Relato de Mirian Benetti, aluna de Ciências Sociais
"Na última terça-feira, dia 23 de março, aproximadamente 18 horas, estava caminhando em direçao ao alojamento da UFRJ, quando perto da BioRio, no momento em que passava pelo gramado, um cachorro dirigiu-se em minha direção latindo, e na seqüência, outros também o fizeram, tentei afastá-los com uma sacola de mercado que carregava comigo, mas tendo em vista que eram muitos e estavam bastante furiosos, não consegui e logo senti a primeira mordida na perna, não acreditei e comecei a gritar e tentar me desvincilhar dos mesmos, sem conseguir, haja vista que eram muitos e comecei a ser atacada por todos ao mesmo tempo, até que um rapaz que andava próximo, veio em meu socorro e espantou os cães.
"Fiquei atônita e sem reação e desesperada quando olhei para minhas pernas que sangravam muito e doiam, e só entao vi as mordidas. Prossegui até o Alojamento, com o rapaz que ajudou-me, uma aglomeração se formou em volta, não conseguia nem raciocinar e nem acreditar no que estava se passando, nisto encontrei a Ilca do Serviço Social, ligaram para a DISEG e fomos para o Hospital Universitário. Lá chegando, fizeram minha ficha e fui para o corredor esperar. Como fui direto desde o acontecimento para lá, não houve tempo para limpar o sangramento, e a medida que o tempo passava e ninguém me atendia, fiquei um pouco desesperada, pois as mordidas haviam sido profundas e deixavam a carne viva aparecendo, e a dor só aumentava.
"Passaram-se uns 40 minutos até que uma médica olhou meus ferimentos, e adiantou que precisaria procurar um cirurgião. Voltei a sentar no corredor, já sem forças para qualquer ação, nisto uma enfermeira veio pedir-me para eu ir me lavar, mas não tinha como fazer isso, as
mordidas foram na parte de trás das pernas, não consegui vizualizá-las e muito menos tinha forças para lavá-las, aí fui para uma sala com ela, no caminho ela me disse, que eu havia procurado o local errado para ser atendida, não respondi, tamanha desilusão com tudo que estava acontecendo, voltei novamente para o corredor e elas continuaram a sangrar muito. E, neste tempo que aguardava, sangrando e doendo e sem ser atendida, ainda, chegou mais uma menina, a Márcia da Dança, que também havia sido mordida.
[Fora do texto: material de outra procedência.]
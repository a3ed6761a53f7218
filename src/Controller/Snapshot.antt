-- ===== src/Controller/Snapshot.antt =====
-- internal/controller/fsm.go: Restore, from a decoded snapshot.
pub mod Restored
use distributed_messaging_sy.Common.{
  ℕ, zero, suc, ◌+◌, ◌%◌, ◌^◌, Bool, true, false, not, ◌&&◌, ◌||◌, Option, none, some, List, [],
  ◌∷◌, is_empty, lookup, insert, Assoc, nat_eq, bytes_eq, bytes_Eq, ◌==◌, if◌then◌else◌,
  is_negative_i32,
}
use distributed_messaging_sy.Controller.State.{
  BrokerEndpoint, BrokerInfo, TopicState, PartitionState, TopicPartitionKey, key_Eq,
  ControllerState, new_controller_state, ControllerError, Result, ok, err, ◌>>=◌, ◌>>◌, refuse_if,
  decode, unsupported_version, invalid_broker_id, incarnation_required, zero_broker_epoch,
  duplicate_broker, topic_required, topic_exists, invalid_partition, unknown_topic, negative_epoch,
  duplicate_partition, topic_without_partitions, not_contiguous,
}
use distributed_messaging_sy.Controller.Endpoints.{normalize_endpoints}
use distributed_messaging_sy.Controller.Assignment.{is_registered, validate_partition_spec}
use distributed_messaging_sy.Controller.Fsm.{write_broker, has_topic, int32_bound}

pub record SnapshotPartition : Type 0 where
  pub topic : List ℕ
  pub partition : ℕ
  pub leader_broker_id : ℕ
  pub leader_epoch : ℕ
  pub partition_epoch : ℕ
  pub replicas : List ℕ
  pub isr : List ℕ

-- A snapshotBroker has the fields of a BrokerInfo, a snapshotTopic is a name.
pub record SnapshotData : Type 0 where
  pub version : ℕ
  pub brokers : List BrokerInfo
  pub topics : List (List ℕ)
  pub partitions : List SnapshotPartition

-- A loop that returns at the first error.
unfoldable pub each {ℓ κ} : {S : Type ℓ} {A : Type κ} → (S → A → Result S) → S → List A → Result S
each step s [] = ok s
each step s (a ∷ as') = do s' ← step s a; each step s' as'

unfoldable pub restore_broker : ControllerState → BrokerInfo → Result ControllerState
restore_broker out b = do
  refuse_if (is_negative_i32 b.id) invalid_broker_id
  refuse_if (is_empty b.incarnation_id) incarnation_required
  refuse_if (b.broker_epoch == 0) zero_broker_epoch
  endpoints ← normalize_endpoints b.endpoints
  refuse_if (is_registered out.brokers b.id) duplicate_broker
  ok (write_broker out b.id (record b { endpoints = endpoints }))

unfoldable pub restore_topic : ControllerState → List ℕ → Result ControllerState
restore_topic out name = do
  refuse_if (is_empty name) topic_required
  refuse_if (has_topic out name) topic_exists
  ok (record out { topics = insert name (record { name = name }) out.topics })

unfoldable pub has_partition : ControllerState → TopicPartitionKey → Bool
has_partition s key = elim (lookup key s.partitions) [ none ↦ false | some p ↦ true ]

unfoldable pub restore_partition : ControllerState → SnapshotPartition → Result ControllerState
restore_partition out p =
    let key : TopicPartitionKey = record { topic = p.topic; partition = p.partition } in
    do
      refuse_if (is_negative_i32 p.partition) invalid_partition
      refuse_if (is_empty p.topic) topic_required
      refuse_if (not (has_topic out p.topic)) unknown_topic
      refuse_if (is_negative_i32 p.leader_epoch || is_negative_i32 p.partition_epoch) negative_epoch
      refuse_if (has_partition out key) duplicate_partition
      validate_partition_spec out.brokers p.leader_broker_id p.replicas p.isr
      ok (record out {
        partitions =
            insert key
              (record {
                leader_broker_id = p.leader_broker_id;
                leader_epoch = p.leader_epoch;
                partition_epoch = p.partition_epoch;
                replicas = p.replicas;
                isr = p.isr;
              })
              out.partitions;
      })

-- `partitionCount[topic]`, before its wrap-around.
unfoldable pub partition_count : List ℕ → Assoc TopicPartitionKey PartitionState → ℕ
partition_count topic [] = 0
partition_count topic ((k, p) ∷ ps) =
    let rest = partition_count topic ps in if bytes_eq k.topic topic then suc rest else rest

-- Whether the topic has all partitions below a bound.
unfoldable pub has_all : ControllerState → List ℕ → ℕ → Bool
has_all s topic zero = true
has_all s topic (suc n) =
    has_partition s (record { topic = topic; partition = n }) && has_all s topic n

-- The body of the last loop, over the topics.
unfoldable pub check_topic : ControllerState → List ℕ × TopicState → Result ControllerState
check_topic out (topic, t) =
    let count = partition_count topic out.partitions in
    do
      refuse_if (count % 2 ^ 32 == 0) topic_without_partitions
      refuse_if (not (has_all out topic (int32_bound count))) not_contiguous
      ok out

-- fromSnapshotData
unfoldable pub from_snapshot_data : SnapshotData → Result ControllerState
unfolding restore_broker restore_topic restore_partition check_topic
from_snapshot_data data' = do
  refuse_if (not (data'.version == 2)) unsupported_version
  with_brokers ← each restore_broker new_controller_state data'.brokers
  with_topics ← each restore_topic with_brokers data'.topics
  out ← each restore_partition with_topics data'.partitions
  each check_topic out out.topics

-- Restore; `none` is a snapshot that can not be read or decoded.
unfoldable pub restore :
    ControllerState → Option SnapshotData → ControllerState × Option ControllerError
unfolding from_snapshot_data
restore s none = (s, some decode)
restore s (some data') = elim (from_snapshot_data data') [
  | ok s' ↦ (s', none)
  | err e ↦ (s, some e)
]
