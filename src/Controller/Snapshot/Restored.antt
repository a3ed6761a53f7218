-- ===== src/Controller/Snapshot/Restored.antt =====
-- internal/controller/fsm.go, Restore: what is restored is consistent.
use distributed_messaging_sy.Common.{
  ℕ, ◌≡◌, refl, subst, true, Option, none, some, List, [], ◌∷◌, arith, lookup, insert, nat_eq,
  bytes_Eq, Option-cases, inl, inr,
}
use distributed_messaging_sy.Controller.State.{
  BrokerInfo, TopicState, PartitionState, TopicPartitionKey, key_Eq, ControllerState,
  new_controller_state, Result, ok,
}
use distributed_messaging_sy.Controller.Endpoints.{normalize_endpoints}
use distributed_messaging_sy.Controller.Assignment.{validate_partition_spec}
use distributed_messaging_sy.Controller.Assignment.Exact.{Result-cases, validate_partition_spec_iff}
use distributed_messaging_sy.Controller.Fsm.{write_broker, has_topic}
use distributed_messaging_sy.Controller.Fsm.Invariant.{
  IsConsistent, IsConsistent-new, write_broker-IsConsistent,
}
use distributed_messaging_sy.Controller.Fsm.Topics.{
  write_partition-IsConsistent, write_topic-IsConsistent,
}
use distributed_messaging_sy.Controller.Snapshot.{
  SnapshotPartition, SnapshotData, each, restore_broker, restore_topic, restore_partition,
  check_topic, from_snapshot_data, restore,
}

-- A loop keeps what its body keeps.
each-keeps :
    {S A : Type 0} (P : S → Type 0) (step : S → A → Result S)
    → ((s : S) (a : A) (s' : S) → P s → step s a ≡ ok s' → P s')
    → (s : S) (xs : List A) (s' : S) → P s
    → each step s xs ≡ ok s'
    → P s'
unfolding each
each-keeps P step keeps s [] s' p h = let e : s ≡ s' = cc in subst P e p
each-keeps P step keeps s (x ∷ xs) s' p h = elim (Result-cases (step s x)) [
  | inr (e, failed) ↦ absurd (ground arith)
  | inl (t, did) ↦ each-keeps P step keeps t xs s' (keeps s x t p did) (rw did at h)
]

-- While brokers are restored there is no partition.
abbrev HasBrokersOnly : ControllerState → Type 0
HasBrokersOnly s = IsConsistent s × (s.partitions ≡ [])

lookup-nil : (k : TopicPartitionKey) (p : PartitionState) → lookup k [] ≡ some p → ⊥
unfolding lookup
lookup-nil k p l = ground arith

restore_broker-keeps :
    (s : ControllerState) (b : BrokerInfo) (s' : ControllerState)
    → HasBrokersOnly s
    → restore_broker s b ≡ ok s'
    → HasBrokersOnly s'
unfolding restore_broker
restore_broker-keeps s b s' (c, e) h = elim (Result-cases (normalize_endpoints b.endpoints)) [
  | inr (er, failed) ↦ absurd (ground arith)
  | inl (es, did) ↦
      let b' : BrokerInfo = record b { endpoints = es } in
      let w : write_broker s b.id b' ≡ s' = ground arith in
      subst HasBrokersOnly w (
        write_broker-IsConsistent s b.id b' c refl (λ k p l. absurd (lookup-nil k p (rw e at l))),
        unfold write_broker in e,
      )
]

restore_topic-keeps :
    (s : ControllerState) (name : List ℕ) (s' : ControllerState)
    → IsConsistent s
    → restore_topic s name ≡ ok s'
    → IsConsistent s'
unfolding restore_topic
restore_topic-keeps s name s' c h =
    let t : TopicState = record { name = name } in
    let e : record s { topics = insert name t s.topics } ≡ s' = ground arith in
    subst IsConsistent e (write_topic-IsConsistent s name t c)

known_topic :
    (s : ControllerState) (topic : List ℕ)
    → has_topic s topic ≡ true
    → (t : TopicState) × (lookup topic s.topics ≡ some t)
unfolding has_topic
known_topic s topic h = elim (Option-cases (lookup topic s.topics)) [
  | inl missing ↦ absurd (ground arith)
  | inr found ↦ found
]

restore_partition-keeps :
    (s : ControllerState) (q : SnapshotPartition) (s' : ControllerState)
    → IsConsistent s
    → restore_partition s q ≡ ok s'
    → IsConsistent s'
unfolding restore_partition
restore_partition-keeps s q s' c h =
    let key : TopicPartitionKey = record { topic = q.topic; partition = q.partition } in
    let p : PartitionState = record {
      leader_broker_id = q.leader_broker_id;
      leader_epoch = q.leader_epoch;
      partition_epoch = q.partition_epoch;
      replicas = q.replicas;
      isr = q.isr;
    } in
    let known : has_topic s q.topic ≡ true = ground arith in
    let valid : validate_partition_spec s.brokers q.leader_broker_id q.replicas q.isr ≡ ok tt =
      ground arith in
    let e : record s { partitions = insert key p s.partitions } ≡ s' = ground arith in
    subst IsConsistent e (
      write_partition-IsConsistent s key p c
        ((validate_partition_spec_iff s.brokers q.leader_broker_id q.replicas q.isr).0 valid)
        (known_topic s q.topic known))

check_topic-keeps :
    (s : ControllerState) (t : List ℕ × TopicState) (s' : ControllerState)
    → IsConsistent s
    → check_topic s t ≡ ok s'
    → IsConsistent s'
unfolding check_topic
check_topic-keeps s t s' c h = let e : s ≡ s' = ground arith in subst IsConsistent e c

from_snapshot_data-IsConsistent :
    (data' : SnapshotData) (s : ControllerState) → from_snapshot_data data' ≡ ok s → IsConsistent s
unfolding from_snapshot_data
from_snapshot_data-IsConsistent data' s h =
    let new = new_controller_state in
    elim (Result-cases (each restore_broker new data'.brokers)) [
      | inr (e, failed) ↦ absurd (ground arith)
      | inl (s1, did1) ↦ elim (Result-cases (each restore_topic s1 data'.topics)) [
        | inr (e, failed) ↦ absurd (ground arith)
        | inl (s2, did2) ↦ elim (Result-cases (each restore_partition s2 data'.partitions)) [
          | inr (e, failed) ↦ absurd (ground arith)
          | inl (s3, did3) ↦
              let c1 =
                each-keeps HasBrokersOnly restore_broker restore_broker-keeps new data'.brokers s1
                  (IsConsistent-new, unfold new_controller_state in refl) did1 in
              let c2 =
                each-keeps IsConsistent restore_topic restore_topic-keeps s1 data'.topics s2 c1.0
                  did2 in
              let c3 =
                each-keeps IsConsistent restore_partition restore_partition-keeps s2
                  data'.partitions s3 c2 did3 in
              each-keeps IsConsistent check_topic check_topic-keeps s3 s3.topics s c3 (ground arith)
        ]
      ]
    ]

-- Restore keeps the metadata consistent, whatever the snapshot holds, readable or not.
pub restore-IsConsistent :
    (s : ControllerState) (data' : Option SnapshotData)
    → IsConsistent s
    → IsConsistent (restore s data').0
unfolding restore
restore-IsConsistent s none c = c
restore-IsConsistent s (some data') c = elim (Result-cases (from_snapshot_data data')) [
  | inr (e, failed) ↦ rw (failed, restore) c
  | inl (t, did) ↦ rw (did, restore) (from_snapshot_data-IsConsistent data' t did)
]
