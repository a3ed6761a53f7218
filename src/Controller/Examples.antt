-- ===== src/Controller/Examples.antt =====
-- internal/controller/fsm.go: a log of commands, and what the theorems give for it.
use distributed_messaging_sy.Common.{
  ℕ, ◌≡◌, ◌↔◌, refl, subst, Bool, true, false, some, List, [], ◌∷◌, arith, lookup, insert, contains,
  nat_eq,
}
use distributed_messaging_sy.Controller.State.{
  BrokerEndpoint, BrokerInfo, PartitionState, ControllerState, new_controller_state,
  RegisterBrokerCommand, UnfenceBrokerCommand, CreateTopicCommand, UpdatePartitionCommand, ok, err,
  stale_broker_epoch,
}
use distributed_messaging_sy.Controller.Endpoints.{
  normalize_endpoints, to_upper, trim_space, trim_right, trim_left, is_space, upper,
}
use distributed_messaging_sy.Controller.Assignment.{validate_partition_spec}
use distributed_messaging_sy.Controller.Assignment.Exact.{IsAssignment, validate_partition_spec_iff}
use distributed_messaging_sy.Controller.Fsm.{
  write_broker, has_topic, int32_bound, register_broker, unfence_broker, create_topic,
  update_partition, RaftLog, apply_all, apply_create_topic, apply_register_broker,
  apply_unfence_broker, apply_update_partition, updated_partition,
}
use distributed_messaging_sy.Controller.Fsm.Invariant.{IsConsistent}
use distributed_messaging_sy.Controller.Fsm.Consistency.{apply_all-IsConsistent}
use distributed_messaging_sy.Controller.Fsm.Epochs.{
  IsUpdate, apply_update_partition-IsUpdate, apply_register_broker_fences,
}
use distributed_messaging_sy.Controller.Snapshot.{
  SnapshotData, each, has_partition, partition_count, has_all, restore,
}
use distributed_messaging_sy.Controller.Snapshot.Restored.{restore-IsConsistent}

abbrev endpoint : BrokerEndpoint
endpoint = record { name = 80 ∷ []; host = 104 ∷ []; port = 9092; security_protocol = 0 }

-- The broker `id` by the process with the one-byte incarnation id `incarnation`.
abbrev joins : ℕ → ℕ → RegisterBrokerCommand
joins id incarnation = record {
  id = id;
  incarnation_id = incarnation ∷ [];
  endpoints = endpoint ∷ [];
}

abbrev topic : CreateTopicCommand
topic = record {
  topic = 116 ∷ [];
  partitions =
      record { partition = 0; leader_broker_id = 1; replicas = 1 ∷ 2 ∷ []; isr = 1 ∷ 2 ∷ [] } ∷ [];
}

abbrev update : ℕ → List ℕ → UpdatePartitionCommand
update leader isr = record {
  topic = 116 ∷ [];
  partition = 0;
  expected_partition_epoch = 0;
  leader_broker_id = leader;
  replicas = 1 ∷ 2 ∷ [];
  isr = isr;
  allow_unclean_election = false;
}

abbrev setup : List RaftLog
setup =
    record {
      index = 1;
      envelope = some (record { version = 1; command = register_broker (some (joins 1 7)) });
    }
    ∷ record {
      index = 2;
      envelope = some (record { version = 1; command = register_broker (some (joins 2 8)) });
    }
    ∷ record {
      index = 3;
      envelope = some (record {
        version = 1;
        command = unfence_broker (some (record { broker_id = 1; broker_epoch = 1 }));
      });
    }
    ∷ record {
      index = 4;
      envelope = some (record {
        version = 1;
        command = unfence_broker (some (record { broker_id = 2; broker_epoch = 2 }));
      });
    }
    ∷ record {
      index = 5;
      envelope = some (record { version = 1; command = create_topic (some topic) });
    }
    ∷ []

abbrev broker : ℕ → ℕ → ℕ → Bool → BrokerInfo
broker id incarnation epoch fenced = record {
  id = id;
  incarnation_id = incarnation ∷ [];
  broker_epoch = epoch;
  endpoints = endpoint ∷ [];
  fenced = fenced;
}

-- The state behind `setup`.
abbrev ready : ControllerState
ready = record {
  brokers = (1, broker 1 7 1 false) ∷ (2, broker 2 8 2 false) ∷ [];
  topics = (116 ∷ [], record { name = 116 ∷ [] }) ∷ [];
  partitions =
      (
        record { topic = 116 ∷ []; partition = 0 },
        record {
          leader_broker_id = 1;
          leader_epoch = 0;
          partition_epoch = 0;
          replicas = 1 ∷ 2 ∷ [];
          isr = 1 ∷ 2 ∷ [];
        },
      )
      ∷ [];
}

setup_ready : apply_all new_controller_state setup ≡ ready
unfolding apply_all new_controller_state apply_create_topic lookup apply_unfence_broker
    apply_register_broker normalize_endpoints to_upper trim_space trim_right trim_left is_space
    contains insert validate_partition_spec upper
setup_ready = refl

apply_all-IsConsistent_example : IsConsistent (apply_all new_controller_state setup)
apply_all-IsConsistent_example = apply_all-IsConsistent setup

ready-IsConsistent : IsConsistent ready
ready-IsConsistent = subst IsConsistent setup_ready (apply_all-IsConsistent setup)

abbrev election : RaftLog
election = record {
  index = 6;
  envelope = some (record { version = 1; command = update_partition (some (update 2 (2 ∷ []))) });
}

validate_partition_spec_iff_example :
    (validate_partition_spec ready.brokers 1 (1 ∷ 2 ∷ []) (1 ∷ []) ≡ ok tt)
    ↔ IsAssignment ready.brokers 1 (1 ∷ 2 ∷ []) (1 ∷ [])
validate_partition_spec_iff_example =
    validate_partition_spec_iff ready.brokers 1 (1 ∷ 2 ∷ []) (1 ∷ [])

-- Broker 2 takes the partition over.
abbrev elected : ControllerState
elected = record ready {
  partitions =
      (
        record { topic = 116 ∷ []; partition = 0 },
        record {
          leader_broker_id = 2;
          leader_epoch = 1;
          partition_epoch = 1;
          replicas = 1 ∷ 2 ∷ [];
          isr = 2 ∷ [];
        },
      )
      ∷ [];
}

elects : apply_update_partition ready (update 2 (2 ∷ [])) ≡ ok elected
unfolding apply_update_partition lookup validate_partition_spec contains insert
elects = refl

apply_update_partition-IsUpdate_example :
    (old : PartitionState) × IsUpdate ready elected
      (update 2 (2 ∷ []))
      old
      (updated_partition (update 2 (2 ∷ [])) old)
apply_update_partition-IsUpdate_example =
    apply_update_partition-IsUpdate ready (update 2 (2 ∷ [])) elected elects

-- A fenced broker 1, and its successor with another incarnation.
abbrev one_fenced : ControllerState
one_fenced = record { brokers = (1, broker 1 7 1 true) ∷ []; topics = []; partitions = [] }

abbrev succeeded : ControllerState
succeeded = record { brokers = (1, broker 1 9 5 true) ∷ []; topics = []; partitions = [] }

broker_1 : lookup 1 one_fenced.brokers ≡ some (broker 1 7 1 true)
unfolding lookup
broker_1 = refl

succeeds : apply_register_broker one_fenced (joins 1 9) 5 ≡ ok succeeded
unfolding apply_register_broker normalize_endpoints to_upper trim_space trim_right trim_left
    is_space contains lookup insert upper
succeeds = refl

apply_register_broker_fences_example :
    (true ≡ true)
    × (apply_unfence_broker succeeded (record { broker_id = 1; broker_epoch = 1 })
        ≡ err stale_broker_epoch)
apply_register_broker_fences_example =
    apply_register_broker_fences one_fenced succeeded (joins 1 9) 5 (broker 1 7 1 true) broker_1
      refl (omega arith) succeeds

abbrev unfence : UnfenceBrokerCommand
unfence = record { broker_id = 1; broker_epoch = 1 }

-- A snapshot of the topic with its one partition.
abbrev saved : SnapshotData
saved = record {
  version = 2;
  brokers = broker 1 7 1 false ∷ broker 2 8 2 false ∷ [];
  topics = (116 ∷ []) ∷ [];
  partitions =
      record {
        topic = 116 ∷ [];
        partition = 0;
        leader_broker_id = 2;
        leader_epoch = 1;
        partition_epoch = 1;
        replicas = 1 ∷ 2 ∷ [];
        isr = 2 ∷ [];
      }
      ∷ [];
}

restores : (restore ready (some saved)).0 ≡ elected
unfolding restore each normalize_endpoints to_upper trim_space trim_right trim_left is_space
    contains lookup insert upper validate_partition_spec new_controller_state write_broker has_topic
    has_partition partition_count has_all int32_bound
restores = refl

restore-IsConsistent_example : IsConsistent (restore ready (some saved)).0
restore-IsConsistent_example = restore-IsConsistent ready (some saved) ready-IsConsistent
"Somente às 20:20 é que um médico veio olhar para meus ferimentos, e aí me dirigiu para uma sala, onde explicou-me que não havia vacina anti-rábica, e que ele ia limpar os ferimentos e que não iriam ser feitos "pontos", pois as mordidas eram profundas e havia muito risco de infecção. Bom, desta parte só consigo lembrar a dor desumana que senti no momento em que ele aplicava anestesia para poder limpar os ferimentos.
Depois desta tortura imensa e necessária, ele receitoume antibióticos e tentou me informar os hospitais em que eu poderia tomar a vacina anti-rábica, mas como sou aluna de transferência externa da UFRGS, estava há apenas uma semana no Rio de Janeiro, não conheço a cidade ainda, muito menos os hospitais, e como já era tarde, fiquei angustiada e desabei em prantos, mais ainda, por estar sozinha e totalmente à mercê, não fosse a Ilca que se prontificou a ir comigo para o Hospital.
"Voltei para o corredor, encontrei a Márcia ainda esperando, tomei a vacina anti-tetânica, e nisto no hospital me chamaram para falar ao telefone com alguém que havia ligado, era um professor que já havia levado outras meninas para um hospital e informou-me que lá havia vacina anti-rábica, saí para fora, encontrei a Ilca e outro rapaz, o Thiago da Matemática, e esperamos a Márcia sair, nos dirigimos para frente do hospital para esperar o professor, que por volta das 23hs chegou e nos levou até o hospital Lourenço Jorge e lá encontramos a Daniely da Biologia, fomos atendidas no setor de suturas, troquei novamente os curativos, mais dor ainda, enfim, às 00:40 tomei a vacina anti-rábica e o soro e foi necessário esperar mais duas horas para ver se teria reação ou não.
"Enfim, eram mais de 3 da manhã quando retornei ao alojamento, exausta, atônita e desgastada".


Diante disso, perguntamos: como está o comprometimento da Universidade com a assistência estudantil?